=== The task ===
Among the records below, find each line that includes the string "What" and copy it.

=== Records supplied ===
-- ===== src/Main.antt =====
-- The thread that waits for signals, in the build without ubus (src/main.cpp). Logging is left
-- out.
pub mod Signals
pub mod Ubus
use cpe_acs_connector_tr.Base.{Bool, true, false, List, [], ◌∷◌, ◌++◌}
use cpe_acs_connector_tr.Daemon.{Flags, request_stop, request_reload}

-- The signals of the set that is blocked: SIGINT, SIGTERM and SIGHUP.
pub data Signal : Type 0 where
  interrupt terminate hangup : Signal

-- The thread, on the signals that `sigwait` gives in turn: whether it has ended, and the flags.
unfoldable pub signal_thread : List Signal → Flags → Bool × Flags
signal_thread [] f = (false, f)
signal_thread (hangup ∷ signals) f = signal_thread signals (request_reload f)
signal_thread (_ ∷ signals) f = (true, request_stop f)

-- The signals until `join`: once `run` has returned, `main` sends a SIGTERM itself.
abbrev pub until_join : List Signal → List Signal
until_join signals = signals ++ terminate ∷ []
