-- ===== src/Main/Ubus.antt =====
-- The program with ubus (src/main.cpp), a step relation of its two threads: `main` and the one
-- that runs the daemon. What other threads ask of the daemon, `main` included, are the inputs of
-- its run. `uloop_run` may return at any time, since a signal ends it as well as `uloop_end`.
-- Logging is left out.
pub mod Joined
use cpe_acs_connector_tr.Base.{ℕ, Bool, true, false, List, ◌≡◌, some, if◌then◌else◌}
use cpe_acs_connector_tr.Platform.{Platform}
use cpe_acs_connector_tr.Daemon.{Daemon}
use cpe_acs_connector_tr.Daemon.Loop.{Inputs}
use cpe_acs_connector_tr.Daemon.Run.{returned, run}
use cpe_acs_connector_tr.UbusServer.{Ubus, UbusServer, new_server, initialize, destroy}

-- Where `main` stands: in `ubus.run()`, in `daemonThread.join()`, or it has returned a number.
pub data Phase : Type 0 where
  looping joining : Phase
  exited : ℕ → Phase

-- The daemon's thread: there is none, it is in `daemon.run()`, about to call `ubus.stop()`, or it
-- has ended.
pub data Thread (S : Type 0) : Type 0 where
  absent : Thread S
  running stopping ended : Daemon S → Thread S

-- `result` is the variable that the two threads share, and `end_asked` tells whether `uloop_end`
-- was called.
pub record Program (S U : Type 0) : Type 0 where
  pub phase : Phase
  pub thread : Thread S
  pub result : ℕ
  pub end_asked : Bool
  pub stop_asked : Bool
  pub server : UbusServer
  pub bus : U

module _ {S U : Type 0} (ubus : Ubus U) where
  -- `main` returns: the destructor of the server runs.
  unfoldable pub leave : ℕ → Program S U → Program S U
  leave code g =
      let (server, bus) = destroy ubus g.server g.bus in
      record g { phase = exited code; server = server; bus = bus }

  -- Behind `initialize`: the thread is started, or 1 is returned.
  unfoldable pub launched : Daemon S → Bool × UbusServer × U → Program S U
  unfolding leave
  launched d (initialized, server, bus) =
      let g : Program S U = record {
        phase = looping;
        thread = running d;
        result = 0;
        end_asked = false;
        stop_asked = false;
        server = server;
        bus = bus;
      } in
      if initialized then g else leave 1 (record g { thread = absent })

  unfoldable pub main : Daemon S → U → Program S U
  unfolding launched
  main d bus = launched d (initialize ubus new_server bus)

  pub data Step (p : Platform S) (g : Program S U) : Program S U → Type 0 where
    daemon_returns :
        (d d' : Daemon S) (inputs : List Inputs) (code : ℕ)
        → g.thread ≡ running d
        → run p inputs d ≡ some (returned code d')
        → Step p g (record g { thread = stopping d'; result = code })
    daemon_stops_loop :
        (d : Daemon S)
        → g.thread ≡ stopping d
        → Step p g (record g { thread = ended d; end_asked = true })
    loop_returns : g.phase ≡ looping → Step p g (record g { phase = joining; stop_asked = true })
    joined : (d : Daemon S) → g.phase ≡ joining → g.thread ≡ ended d → Step p g (leave g.result g)

  -- What the program can become.
  pub data Reached (p : Platform S) (d : Daemon S) (bus : U) : Program S U → Type 0 where
    begun : Reached p d bus (main d bus)
    stepped : {g g' : Program S U} → Reached p d bus g → Step p g g' → Reached p d bus g'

=== Result ===
-- that runs the daemon. What other threads ask of the daemon, `main` included, are the inputs of
  -- What the program can become.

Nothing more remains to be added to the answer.